# Linear combinations of any normal random variables

## Linear Combinations of Normal Random Variables Overview

• A linear combination of normal random variables is itself a normal random variable. This fact is a key property of the normal distribution and a cornerstone of many advanced statistical techniques.
• The simple form of a linear combination of random variables is given by Y = aX + bZ, where X and Z are the random variables, and a and b are constants.
• In the context of Normal distributions, if X and Z are both normally distributed, Y is also normally distributed.

## Defining Characteristics

• In a linear combination of normal random variables, the expectation of Y is given by E(Y) = aE(X) + bE(Z), where E() denotes the expected value.
• The variance of Y in these circumstances is given by Var(Y) = a²Var(X) + b²Var(Z) + 2abCov(X,Z), where Var() signifies the variance and Cov() refers to covariance.

## Central Limit Theorem

• The Central Limit Theorem indicates that the sum of a large number of independent and identically distributed random variables, irrespective of their shape, will approximately follow a normal distribution.

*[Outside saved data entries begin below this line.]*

-- ===== src/Examples/Lifecycle.antt =====
-- Tests of the life of a task: its selection, its claim and its archive.
use herdr_harness_lite.Controller.Action.{System}
use herdr_harness_lite.Controller.Archive.{archive}
use herdr_harness_lite.Controller.Steps.{StepTo}
use herdr_harness_lite.Model.Job.{Job, JobState, claimed}
use herdr_harness_lite.Controller.Lifecycle.{select_job}
use herdr_harness_lite.Base.{none, ◌≡◌, [], ◌⊎◌, false, ◌∷◌}
use herdr_harness_lite.Examples.Data.{deps, blocked_job_with, system, ready_issue}
use herdr_harness_lite.Model.Incident.{hold}
use herdr_harness_lite.Controller.Claim.{advance_claim}
use herdr_harness_lite.Controller.Taking.{Taken, select_job-Takes}
use herdr_harness_lite.Controller.Slot.{Freed, archive-Frees}
use herdr_harness_lite.Controller.ClaimSteps.{Advances, advance_claim-Advances}
use herdr_harness_lite.Controller.Ports.{ok}

abbrev claimed_job : Job
claimed_job = record (blocked_job_with hold none) {
  state = claimed;
  claim_confirmed = false;
  active_attempt = none;
  incident = none;
  analysis = none;
}

claim_example :
    StepTo deps.platform
      (system claimed_job).ledger
      claimed_job
      (Advances deps (system claimed_job).ledger claimed_job)
      (system claimed_job).ledger
      (advance_claim deps (system claimed_job).ledger claimed_job (system claimed_job)).1.ledger
claim_example =
    advance_claim-Advances deps (system claimed_job).ledger claimed_job (system claimed_job)

abbrev done_job : Job
done_job = record claimed_job { state = JobState.done }

archive_example :
    ((archive deps (system done_job).ledger done_job (system done_job)).1.ledger
      ≡ (system done_job).ledger)
    ⊎ Freed deps
        (system done_job).ledger
        done_job
        (system done_job).ledger
        (archive deps (system done_job).ledger done_job (system done_job)).1.ledger
archive_example = archive-Frees deps (system done_job).ledger done_job (system done_job)

abbrev empty_system : System (Unit {0})
empty_system = record { ledger = record { active_job = none; terminal_jobs = [] }; env = tt }

select_example :
    ((select_job deps empty_system.ledger empty_system).1.ledger ≡ empty_system.ledger)
    ⊎ Taken deps empty_system.ledger
        (ok (ready_issue 7 ∷ []))
        empty_system.ledger
        (select_job deps empty_system.ledger empty_system).1.ledger
select_example = select_job-Takes deps empty_system.ledger empty_system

This concept is central to the properties of normal random variables and their linear combinations.

## Common Applications

• The concept of linear combinations of normal random variables is frequently utilised in regression analysis, to represent the result as a combination of predictor variables.
• Experimentally, in disciplines such as Physics and Engineering, different measurements often generate variables that are summed or subtracted to produce a result.

## Limitations

• An important condition for the linear combinations of normal random variables to be normal is that the variables involved should be independent. If this assumption is violated, the resulting distribution may not be normal.
• Linear combinations assume the relationship between variables is primarily linear. If this assumption is not met, or if the relationship is non-linear, the utility of linear combinations tend to decrease.

## Sum and Difference of Normal Variables

• If X ~ N(μ₁, σ₁²) and Y ~ N(μ₂, σ₂²) are independent normal variables, then X + Y and X - Y are also normally distributed.
• The mean of X + Y is μ₁ + μ₂ and variance is σ₁² + σ₂². The mean of X - Y is μ₁ - μ₂ and variance is σ₁² + σ₂².